Konkolski, who competed in the 1982-83 solo race around the world in the same boat, then called Nike III, has circumnavigated twice. He defected from his native Czechoslovakia with his wife and son before entering the 1982-83 race. The Czech government claims ownership of the boat.
Roth is among the best known of American cruising sailors. He has sailed his boat, Whisper, with his wife, Margaret, more than 75,000 miles, and has written several books and produced documentary films of their adventures.
Van Den Heede is a veteran solo ocean racer. He participated in two Mini Transats, trans-Atlantic races sailed solo in boats less than 21 feet long.
All three boats are in Class 2, 40 to 50 feet long.
Konkolski's cutter is 44 feet long and weighs 26,000 pounds. Van Den Heede's boat is 45 feet and weighs 11,000 pounds. One reason the boat is so light is that it has no engine.
Roth's boat, a modified ultra-light Santa Cruz 50 is 50 feet long and weighs 16,000 pounds. Length and weight have a direct bearing on potential speed. The longer and lighter, the faster a boat is.
With 15 of the 24 boats in port, there were these other developments:
--Thursday's Child, the 60-foot Class 1 boat skippered by Warren Luhrs, 41, of Alachua, Fla., was granted 24 hours 53 minutes for his time spent in Newport repairing prestart collision damage inflicted by France's Titouan Lamouzou aboard Ecureuil d'Aquitaine.
Luhrs, however, did file a formal protest against Lamouzou with the race committee. He made clear, however, that he did not want to press the protest unless he is protested by other racers for failing to protest, something that can occur under the rules of sailboat racing. The committee tabled the protest pending developments.
The time allowance gave Luhrs a fourth-place finish overall for the first leg, bumping Jacques de Roux's Skoiern IV of France to fifth.

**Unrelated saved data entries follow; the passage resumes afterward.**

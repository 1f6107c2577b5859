-- ===== src/BlockAssembler/Removal.antt =====
-- `removeTransactionsFromMemPool` of nightfall-optimist/src/services/database.mjs takes exactly the
-- transactions of a block out of the mempool.
use nightfall.Common.{
  ℕ, ◌≡◌, refl, sym, ap, ◌∙◌, ◌⊎◌, inl, inr, none, some, List, [], ◌∷◌, ◌++◌, map, Bool, true,
  false, ◌==◌, ◌&&◌, ◌||◌, if◌then◌else◌, Bool-cases, Option-cases, eq-cases, eq→==, ne→==,
}
use nightfall.BlockAssembler.Mempool.{
  Transaction, Pooled, Pool, is_in, leave, remove_transactions_from_mempool,
  get_mempool_transactions,
}

abbrev pub hashes_of : List Transaction → List ℕ
hashes_of = map (λ (tx : Transaction). tx.transaction_hash)

-- What is in the mempool is in no block.
abbrev pub Waiting : Pool → Type 0
Waiting [] = Unit {0}
Waiting (d ∷ ds) = ((d.mempool ≡ false) ⊎ (d.block_number_l2 ≡ none)) × Waiting ds

-- No two transactions have the same hash.
abbrev pub DistinctHashes : List Transaction → Type 0
DistinctHashes [] = Unit {0}
DistinctHashes (tx ∷ txs) = (is_in (hashes_of txs) tx.transaction_hash ≡ false) × DistinctHashes txs

abbrev without : List ℕ → List Transaction → List Transaction
without hashes [] = []
without hashes (tx ∷ txs) =
    let rest = without hashes txs in if is_in hashes tx.transaction_hash then rest else tx ∷ rest

abbrev NoneIn : List ℕ → List Transaction → Type 0
NoneIn hashes [] = Unit {0}
NoneIn hashes (tx ∷ txs) = (is_in hashes tx.transaction_hash ≡ false) × NoneIn hashes txs

get_mempool_transactions-remove :
    (hashes : List ℕ) (pool : Pool)
    → Waiting pool
    → get_mempool_transactions (remove_transactions_from_mempool hashes pool)
      ≡ without hashes (get_mempool_transactions pool)
unfolding get_mempool_transactions remove_transactions_from_mempool
get_mempool_transactions-remove hashes [] waiting = refl
get_mempool_transactions-remove hashes (d ∷ ds) (ok_d, waiting) =
    elim (Bool-cases (is_in hashes d.transaction.transaction_hash)) [
      | inl t ↦ elim (Bool-cases d.mempool) [
        | inl m ↦
            let e : d.block_number_l2 ≡ none = elim ok_d [ inl f ↦ absurd (cc) | inr e ↦ e ] in
            rw (t, e, m, t) (get_mempool_transactions-remove hashes ds waiting)
        | inr m ↦ elim (Option-cases d.block_number_l2) [
          | inl e ↦ rw (t, e, m) (get_mempool_transactions-remove hashes ds waiting)
          | inr (n, e) ↦ rw (t, e, m) (get_mempool_transactions-remove hashes ds waiting)
        ]
      ]
      | inr f ↦ elim (Bool-cases d.mempool) [
        | inl m ↦
            rw (f, m, f)
              (ap (λ l. d.transaction ∷ l) (get_mempool_transactions-remove hashes ds waiting))
        | inr m ↦ rw (f, m) (get_mempool_transactions-remove hashes ds waiting)
      ]
    ]

pub Waiting-remove :
    (hashes : List ℕ) (pool : Pool)
    → Waiting pool
    → Waiting (remove_transactions_from_mempool hashes pool)
unfolding remove_transactions_from_mempool
Waiting-remove hashes [] waiting = tt
Waiting-remove hashes (d ∷ ds) (ok_d, waiting) = (left_out d ok_d, Waiting-remove hashes ds waiting)
  where
    left_out :
        (d : Pooled)
        → (d.mempool ≡ false) ⊎ (d.block_number_l2 ≡ none)
        → ((leave hashes d).mempool ≡ false) ⊎ ((leave hashes d).block_number_l2 ≡ none)
    left_out d h = go (
        is_in hashes d.transaction.transaction_hash
        && (elim d.block_number_l2 as (λ x. Bool) [ none ↦ true | some n ↦ false ]))
      where
        go :
            (taken : Bool)
            → ((if taken then record d { mempool = false } else d).mempool ≡ false)
              ⊎ ((if taken then record d { mempool = false } else d).block_number_l2 ≡ none)
        go true = inl refl
        go false = h

pub DistinctHashes-rest :
    (block rest : List Transaction) → DistinctHashes (block ++ rest) → DistinctHashes rest
DistinctHashes-rest [] rest distinct = distinct
DistinctHashes-rest (tx ∷ block) rest (new, distinct) = DistinctHashes-rest block rest distinct

-- A hash that is new to a list is new to its end.
new_rest :
    (h : ℕ) (block rest : List Transaction)
    → is_in (hashes_of (block ++ rest)) h ≡ false
    → NoneIn (h ∷ []) rest
unfolding is_in
new_rest h [] [] new = tt
new_rest h [] (tx ∷ rest) new = elim (eq-cases h tx.transaction_hash) [
  | inl e ↦ absurd (cc (rw (eq→== tx.transaction_hash h (sym e)) at new))
  | inr ne ↦ (
    rw (ne→== h tx.transaction_hash ne) refl,
    new_rest h [] rest (rw (ne→== tx.transaction_hash h (λ e. ne (sym e))) at new),
  )
]
new_rest h (tx ∷ block) rest new = elim (eq-cases h tx.transaction_hash) [
  | inl e ↦ absurd (cc (rw (eq→== tx.transaction_hash h (sym e)) at new))
  | inr ne ↦ new_rest h block rest (rw (ne→== tx.transaction_hash h (λ e. ne (sym e))) at new)
]

NoneIn-cons :
    (h : ℕ) (hashes : List ℕ) (txs : List Transaction)
    → NoneIn (h ∷ []) txs
    → NoneIn hashes txs
    → NoneIn (h ∷ hashes) txs
unfolding is_in
NoneIn-cons h hashes [] one all = tt
NoneIn-cons h hashes (tx ∷ txs) (n, one) (m, all) = (
  neither (h == tx.transaction_hash) (is_in hashes tx.transaction_hash) n m,
  NoneIn-cons h hashes txs one all,
)
  where
    neither : (a b : Bool) → (a || false) ≡ false → b ≡ false → (a || b) ≡ false
    neither true b p q = p
    neither false b p q = q

NoneIn-block :
    (block rest : List Transaction) → DistinctHashes (block ++ rest) → NoneIn (hashes_of block) rest
NoneIn-block [] rest distinct = nothing rest
  where
    nothing : (txs : List Transaction) → NoneIn [] txs
    nothing [] = tt
    nothing (tx ∷ txs) = (unfold is_in in refl, nothing txs)
NoneIn-block (tx ∷ block) rest (new, distinct) =
    NoneIn-cons tx.transaction_hash (hashes_of block) rest
      (new_rest tx.transaction_hash block rest new) (NoneIn-block block rest distinct)

without-NoneIn :
    (hashes : List ℕ) (txs : List Transaction) → NoneIn hashes txs → without hashes txs ≡ txs
without-NoneIn hashes [] other = refl
without-NoneIn hashes (tx ∷ txs) (n, other) =
    rw n (ap (λ l. tx ∷ l) (without-NoneIn hashes txs other))

abbrev AllIn : List ℕ → List Transaction → Type 0
AllIn hashes [] = Unit {0}
AllIn hashes (tx ∷ txs) = (is_in hashes tx.transaction_hash ≡ true) × AllIn hashes txs

AllIn-cons :
    (h : ℕ) (hashes : List ℕ) (txs : List Transaction) → AllIn hashes txs → AllIn (h ∷ hashes) txs
unfolding is_in
AllIn-cons h hashes [] all = tt
AllIn-cons h hashes (tx ∷ txs) (m, all) =
    (or_true (h == tx.transaction_hash) m, AllIn-cons h hashes txs all)
  where
    or_true : {b : Bool} (a : Bool) → b ≡ true → (a || b) ≡ true
    or_true true p = refl
    or_true false p = p

AllIn-block : (block : List Transaction) → AllIn (hashes_of block) block
AllIn-block [] = tt
AllIn-block (tx ∷ block) = (
  unfold is_in in rw (eq→== tx.transaction_hash tx.transaction_hash refl) refl,
  AllIn-cons tx.transaction_hash (hashes_of block) block (AllIn-block block),
)

without-AllIn :
    (hashes : List ℕ) (block rest : List Transaction)
    → AllIn hashes block
    → without hashes (block ++ rest) ≡ without hashes rest
without-AllIn hashes [] rest all = refl
without-AllIn hashes (tx ∷ block) rest (m, all) = rw m (without-AllIn hashes block rest all)

-- Removing a block leaves the rest of the mempool.
pub remove_block :
    (block rest : List Transaction) (pool : Pool)
    → Waiting pool
    → get_mempool_transactions pool ≡ block ++ rest
    → DistinctHashes (block ++ rest)
    → get_mempool_transactions (remove_transactions_from_mempool (hashes_of block) pool) ≡ rest
remove_block block rest pool waiting same distinct =
    get_mempool_transactions-remove (hashes_of block) pool waiting
    ∙ ap (without (hashes_of block)) same
    ∙ without-AllIn (hashes_of block) block rest (AllIn-block block)
    ∙ without-NoneIn (hashes_of block) rest (NoneIn-block block rest distinct)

De Roux, however, remains first in Class 2.
--Lamouzou, 31, arrived 11 hours behind Thursday's Child with the story of a harrowing voyage in which he had to (a) steer by hand 19 to 21 hours a day for five weeks after his auto pilot failed, (b) repeatedly repair a leak in his bow caused by his collision with Luhrs, and (c) replace a broken boom with a spinnaker pole.

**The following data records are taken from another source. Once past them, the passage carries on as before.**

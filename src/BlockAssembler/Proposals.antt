-- ===== src/BlockAssembler/Proposals.antt =====
-- The loop of `conditionalMakeBlock` in nightfall-optimist/src/services/block-assembler.mjs that proposes
-- the blocks and takes their transactions out of the mempool.
use nightfall.Common.{
  ℕ, suc, ◌≡◌, refl, sym, ap, ◌∙◌, subst, inl, inr, List, [], ◌∷◌, ◌++◌, concat, Bool, true, false,
  Bool-cases, append_assoc,
}
use nightfall.BlockAssembler.Mempool.{
  Transaction, remove_transactions_from_mempool, get_mempool_transactions,
}
use nightfall.BlockAssembler.Assembly.{Assembler, propose}
use nightfall.BlockAssembler.Sizes.{Proposable}
use nightfall.BlockAssembler.Removal.{
  hashes_of, Waiting, DistinctHashes, Waiting-remove, DistinctHashes-rest, remove_block,
}

-- The state in which the loop goes on.
abbrev next : List Transaction → Assembler → Assembler
next block st = record st {
  make_now = false;
  transactions = remove_transactions_from_mempool (hashes_of block) st.transactions;
}

-- What the loop may rely on: the mempool has the blocks, then the rest.
pub record Ahead (blocks : List (List Transaction)) (rest : List Transaction) (st : Assembler)
    : Type 0 where
  pub waiting : Waiting st.transactions
  pub same : get_mempool_transactions st.transactions ≡ concat blocks ++ rest
  pub distinct : DistinctHashes (concat blocks ++ rest)

Ahead-next :
    (block : List Transaction) (blocks : List (List Transaction)) (rest : List Transaction)
    (st : Assembler)
    → Ahead (block ∷ blocks) rest st
    → Ahead blocks rest (next block st)
Ahead-next block blocks rest st a =
    let assoc = append_assoc block (concat blocks) rest in
    let distinct : DistinctHashes (block ++ (concat blocks ++ rest)) =
      subst DistinctHashes assoc a.distinct in
    record {
      waiting = Waiting-remove (hashes_of block) st.transactions a.waiting;
      same =
          remove_block block (concat blocks ++ rest) st.transactions a.waiting (a.same ∙ assoc)
            distinct;
      distinct = DistinctHashes-rest block (concat blocks ++ rest) distinct;
    }

pub propose-conserves :
    (connects : ℕ → Bool) (i : ℕ) (blocks : List (List Transaction)) (rest : List Transaction)
    (st : Assembler)
    → Ahead blocks rest st
    → let done = propose connects i blocks st in
      concat done.0 ++ get_mempool_transactions done.1.transactions ≡ concat blocks ++ rest
unfolding propose
propose-conserves connects i [] rest st a = a.same
propose-conserves connects i (block ∷ blocks) rest st a = elim (Bool-cases (connects i)) [
  | inl t ↦ rw t (
      append_assoc block (concat (propose connects (suc i) blocks (next block st)).0)
        (get_mempool_transactions (propose connects (suc i) blocks (next block st)).1.transactions)
      ∙ ap (λ l. block ++ l)
          (propose-conserves connects (suc i) blocks rest (next block st)
            (Ahead-next block blocks rest st a))
      ∙ sym (append_assoc block (concat blocks) rest))
  | inr f ↦ rw f a.same
]

-- With a websocket that always connects every block is sent, and the rest is left.
pub propose-all :
    (connects : ℕ → Bool) (i : ℕ) (blocks : List (List Transaction)) (rest : List Transaction)
    (st : Assembler)
    → ((n : ℕ) → connects n ≡ true)
    → Ahead blocks rest st
    → let done = propose connects i blocks st in
      (done.0 ≡ blocks) × (get_mempool_transactions done.1.transactions ≡ rest)
unfolding propose
propose-all connects i [] rest st always a = (refl, a.same)
propose-all connects i (block ∷ blocks) rest st always a =
    let (sent, left_over) =
      propose-all connects (suc i) blocks rest (next block st) always
        (Ahead-next block blocks rest st a) in
    rw (always i) (ap (λ bs. block ∷ bs) sent, left_over)

pub propose-Proposable :
    (limit : ℕ) (connects : ℕ → Bool) (i : ℕ) (blocks : List (List Transaction)) (st : Assembler)
    → Proposable limit blocks
    → Proposable limit (propose connects i blocks st).0
unfolding propose
propose-Proposable limit connects i [] st proposable = tt
propose-Proposable limit connects i (block ∷ blocks) st (one, all) =
    elim (Bool-cases (connects i)) [
      | inl t ↦ rw t (one, propose-Proposable limit connects (suc i) blocks (next block st) all)
      | inr f ↦ rw f tt
    ]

"It was not an enjoyable trip for me, but I am not discouraged at all," he said. "I figure that I have had all my bad luck on this leg and that things will be OK from now on.

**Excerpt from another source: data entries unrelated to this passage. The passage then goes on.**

-- ===== src/BlockAssembler/Outcome.antt =====
-- What `conditionalMakeBlock` of nightfall-optimist/src/services/block-assembler.mjs sends and what it
-- leaves in the mempool.
use nightfall.Common.{
  ℕ, suc, ◌≤◌, ◌≡◌, ◌≢◌, refl, sym, ◌∙◌, subst, ◌⊎◌, inl, inr, List, [], ◌∷◌, ◌++◌, length, concat,
  Bool, true, false, leb, ◌&&◌, if◌then◌else◌, arith, Bool-cases,
}
use nightfall.BlockAssembler.Mempool.{Transaction, get_mempool_transactions}
use nightfall.BlockAssembler.Assembly.{
  Assembler, transaction_batches, slices, propose, conditional_make_block,
}
use nightfall.BlockAssembler.Batches.{size_of}
use nightfall.BlockAssembler.Sizes.{
  EachFits, Proposable, blocks_of, is_due, blocks_of-Split, blocks_of-due, blocks_of_complete,
  filled-cases,
}
use nightfall.BlockAssembler.Removal.{Waiting, DistinctHashes}
use nightfall.BlockAssembler.Proposals.{Ahead, propose-conserves, propose-all, propose-Proposable}

module _ (limit : ℕ) (connects : ℕ → Bool) (is_me : Bool) (current_time : ℕ) (st : Assembler) where
  abbrev waiting_transactions : List Transaction
  waiting_transactions = get_mempool_transactions st.transactions

  abbrev outcome : List (List Transaction) × Assembler
  outcome = conditional_make_block limit connects is_me current_time st

  -- If what is in the mempool is in no block and no two of its transactions have the same hash,
  -- then, whatever the websocket does, the transactions sent in blocks, followed by those left in
  -- the mempool, are the transactions of the mempool before, in their order.
  pub conditional_make_block-conserves :
      Waiting st.transactions
      → DistinctHashes (get_mempool_transactions st.transactions)
      → concat (conditional_make_block limit connects is_me current_time st).0
          ++ get_mempool_transactions
              (conditional_make_block limit connects is_me current_time st).1.transactions
        ≡ get_mempool_transactions st.transactions
  unfolding conditional_make_block
  conditional_make_block-conserves waiting distinct =
      elim (Bool-cases (
        is_me && leb 1 (length (transaction_batches limit current_time st waiting_transactions)))) [
          | inl t ↦
              let (rest, complete) =
                blocks_of_complete limit current_time st waiting_transactions in
              rw t (
                propose-conserves connects 0 (blocks_of limit current_time st waiting_transactions)
                  rest (record st { last_block_timestamp = current_time })
                  (record {
                    waiting = waiting;
                    same = sym complete;
                    distinct = subst DistinctHashes (sym complete) distinct;
                  })
                ∙ complete)
          | inr f ↦ rw f refl
        ]

  -- If every transaction of the mempool fits into a block of its own, every block that is sent has a
  -- transaction and is at most of the maximum size.
  pub conditional_make_block-Proposable :
      EachFits limit (get_mempool_transactions st.transactions)
      → Proposable limit (conditional_make_block limit connects is_me current_time st).0
  unfolding conditional_make_block
  conditional_make_block-Proposable fits =
      elim (Bool-cases (
        is_me && leb 1 (length (transaction_batches limit current_time st waiting_transactions)))) [
          | inl t ↦ rw t (
              propose-Proposable limit connects 0
                (blocks_of limit current_time st waiting_transactions)
                (record st { last_block_timestamp = current_time })
                (blocks_of-Split limit current_time st waiting_transactions fits).proposable)
          | inr f ↦ rw f tt
        ]

-- The tests before the loop only decide whether there is a block.
sends :
    (limit : ℕ) (connects : ℕ → Bool) (current_time : ℕ) (st : Assembler) (batches : List ℕ)
    (rest : List Transaction)
    → ((n : ℕ) → connects n ≡ true)
    → Ahead (slices 0 batches (get_mempool_transactions st.transactions)) rest st
    → let txs = get_mempool_transactions st.transactions in
      let done =
        if leb 1 (length batches)
        then propose connects 0
            (slices 0 batches txs)
            (record st { last_block_timestamp = current_time })
        else ([], st) in
      (done.0 ≡ slices 0 batches txs) × (get_mempool_transactions done.1.transactions ≡ rest)
sends limit connects current_time st [] rest always a = unfold slices in (refl, a.same)
sends limit connects current_time st (e ∷ batches) rest always a =
    rw (some_batches (length batches)) (
      propose-all connects 0 _ rest (record st { last_block_timestamp = current_time }) always
        (record { waiting = a.waiting; same = a.same; distinct = a.distinct }))
  where
    some_batches : (n : ℕ) → leb 1 (suc n) ≡ true
    some_batches n = ground arith

-- If what is in the mempool is in no block, no two of its transactions have the same hash and each
-- fits into a block, then the current proposer, with a websocket that always connects, leaves at
-- most the size of one block in the mempool, and sends a block if one is due and there is a
-- transaction.
pub conditional_make_block-progress :
    (limit : ℕ) (connects : ℕ → Bool) (current_time : ℕ) (st : Assembler)
    → ((n : ℕ) → connects n ≡ true)
    → Waiting st.transactions
    → DistinctHashes (get_mempool_transactions st.transactions)
    → EachFits limit (get_mempool_transactions st.transactions)
    → let done = conditional_make_block limit connects true current_time st in
      (size_of (get_mempool_transactions done.1.transactions) ≤ limit)
      × ((is_due current_time st ≡ false)
          ⊎ (get_mempool_transactions st.transactions ≡ [])
          ⊎ (done.0 ≢ []))
unfolding conditional_make_block
conditional_make_block-progress limit connects current_time st always waiting distinct fits =
    let txs = get_mempool_transactions st.transactions in
    let split = blocks_of-Split limit current_time st txs fits in
    let (sent, left_over) =
      sends limit connects current_time st (transaction_batches limit current_time st txs)
        split.rest always
        (record {
          waiting = waiting;
          same = sym split.complete;
          distinct = subst DistinctHashes (sym split.complete) distinct;
        }) in
    (
      rw left_over split.small,
      elim (Bool-cases (is_due current_time st)) [
        | inr f ↦ inl f
        | inl t ↦ elim (filled-cases txs) [
          | inl e ↦ inr (inl e)
          | inr filled ↦
              inr (inr (λ h. blocks_of-due limit current_time st txs filled t (sym sent ∙ h)))
        ]
      ],
    )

"What I have lost in days I have gained in experience," summed up the sailor who learned ocean racing aboard boats skippered by Eric Taberly, one of France's greatest sailors.
Trouble continued to beset a number of boats in the rest of the fleet.
These were the standings of the fleet at midweek:
1. Tuna Marine (Martin) South Africa; 2. Credit Agricole III (Jeantot) France; 3. Biscuit's Lu (Bernardin) France; 4. Thursday's Child (Luhrs) United States; 5. Skoiern IV (De Roux) France; 6. Ecureuil d'Aquitaine (Lamouzou) France; 7. Airco Distributor (Plant) United States; 8. UAP-MED. Sans Frontieres (Terlain) France; 9. Stabilo Boss (Reed) South Africa; 10. Triple M/Spirit Of Sydney (Kiernan) Australia.
11. Let's Go 2 (Van Den Heed) France; 12. Declaration Of Independence (Konkolski) United States; 13. Legend Securities (White) United States; 14. Belmont Finland (Harkimo) Finland; 15. American Flag (Roth) United States; 16. Colt By Rettig (Salmi) Finland; 17. Lone Star (Schrader) United States; 18. Joseph Young (Hughes) Canada; 19. Double Cross (Mitchell) Great Britain; 20. Madonna (Shimada) Japan.
21. Quailo (Smith) United States; 22. Neptune's Express (McBride) New Zealand; 23. Miss Global (de Almeida) Brazil; 24. ACI Crusader (Biddlecombe) Australia.